> _Data for analysis_
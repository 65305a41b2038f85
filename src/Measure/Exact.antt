-- ===== src/Measure/Exact.antt =====
-- scripts/measure-exact-costs.ts: nine transactions, each measured, and the report.
pub mod Requests
pub mod Sequence
pub mod Reports
use solana.Prelude.{ℕ, ◌^◌, ◌+◌, Option, List, [], ◌∷◌, Bytes, Pubkey, ascii}
use solana.Prelude.Int.{ℤ, pos, ◌+ℤ◌, sub_ℕ}
use solana.Script.{Script, State, Request, ◌>>=◌, ◌>>◌, done, call, send, push, return, exit_code}
use solana.Costs.Single.{CostMeasurement, measure_exact}
use solana.Measure.{Setup}
use solana.Measure.Exact.Requests

-- The report, its amounts in lamports; the file has them over 10 ^ 9.
pub record Report : Type 0 where
  pub timestamp : ℕ
  pub wallet : Pubkey
  pub measurements : List CostMeasurement
  pub total_cost : ℤ
  pub total_fee : ℕ
  pub total_rent : ℤ

-- The loop over the costs.
abbrev pub total_cost_of : List CostMeasurement → ℤ
total_cost_of [] = pos 0
total_cost_of (c ∷ costs) = c.cost +ℤ total_cost_of costs

abbrev pub total_fee_of : List CostMeasurement → ℕ
total_fee_of [] = 0
total_fee_of (c ∷ costs) = c.fee + total_fee_of costs

unfoldable pub make_report : ℕ → Pubkey → List CostMeasurement → Report
make_report now wallet costs = record {
  timestamp = now;
  wallet = wallet;
  measurements = costs;
  total_cost = total_cost_of costs;
  total_fee = total_fee_of costs;
  total_rent = total_cost_of costs +ℤ sub_ℕ 0 (total_fee_of costs);
}

module _ (s : Setup) where
  open s use {network}

  abbrev pub Step : Type 0 → Type 0
  Step A = Script (State network.Net CostMeasurement) A

  -- `measureCost`
  unfoldable pub measure : Bytes → ℕ → Bytes → Step (Unit {0})
  measure operation pre_balance signature = do
    call (network.confirm_transaction signature)
    tx ← call (network.get_transaction signature)
    push (measure_exact operation pre_balance tx)

  -- The balance of an account before a request, the request, and its measurement.
  unfoldable pub measured : Bytes → Pubkey → Request → Step (Unit {0})
  measured operation account request = do
    pre_balance ← call (network.get_balance account)
    sig ← send network.rpc request
    measure operation pre_balance sig

  unfoldable pub register_agent : Step ℕ
  register_agent = do
    measured (ascii "Initialize Registry") s.wallet (Requests.initialize s)
    measured (ascii "Register Agent") s.wallet (Requests.register s)
    call (network.fetch_agent_id (Requests.agent_account s))

  unfoldable pub use_agent : ℕ → Step (Unit {0})
  use_agent agent_id = do
    measured (ascii "Set Metadata") s.wallet (Requests.set_metadata s agent_id)
    measured (ascii "Set Agent URI") s.wallet (Requests.set_agent_uri s)
    measured (ascii "Give Feedback (first)") s.wallet
        (Requests.give_feedback s agent_id 85 (ascii "ipfs://QmFeedback1") 0)
    measured (ascii "Give Feedback (second)") s.wallet
        (Requests.give_feedback s agent_id 92 (ascii "ipfs://QmFeedback2") 1)

  -- It is the validator's balance that is read before the response.
  unfoldable pub respond : ℕ → Step (Unit {0})
  respond agent_id =
      measured (ascii "Respond to Validation") s.validator
        (Requests.respond_to_validation s agent_id)

  -- The validator is given SOL.
  unfoldable pub validate : ℕ → Step (Unit {0})
  validate agent_id = do
    measured (ascii "Initialize Validation Registry") s.wallet (Requests.initialize_validation s)
    measured (ascii "Request Validation") s.wallet (Requests.request_validation s agent_id)
    airdrop_sig ← call (network.request_airdrop s.validator (10 ^ 9))
    call (network.confirm_transaction airdrop_sig)
    respond agent_id

  unfoldable pub report_now : Step Report
  report_now state = done (make_report (s.date_now state.net) s.wallet state.costs) state

  unfoldable pub steps : (Report → network.Net → Option (Unit {0}) × network.Net) → Step Report
  steps write = do
    agent_id ← register_agent
    use_agent agent_id
    validate agent_id
    report ← report_now
    call (write report)
    return report

  -- `main` and the exit code of the process.
  unfoldable pub main :
      (Report → network.Net → Option (Unit {0}) × network.Net)
      → State network.Net CostMeasurement
      → ℕ × State network.Net CostMeasurement
  main write state = exit_code (steps write state)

> _What to work on_
Write out each line above that contains the word "call".

> _Output of the exercise_
use solana.Script.{Script, State, Request, ◌>>=◌, ◌>>◌, done, call, send, push, return, exit_code}
    call (network.confirm_transaction signature)
    tx ← call (network.get_transaction signature)
    pre_balance ← call (network.get_balance account)
    call (network.fetch_agent_id (Requests.agent_account s))
    airdrop_sig ← call (network.request_airdrop s.validator (10 ^ 9))
    call (network.confirm_transaction airdrop_sig)
    call (write report)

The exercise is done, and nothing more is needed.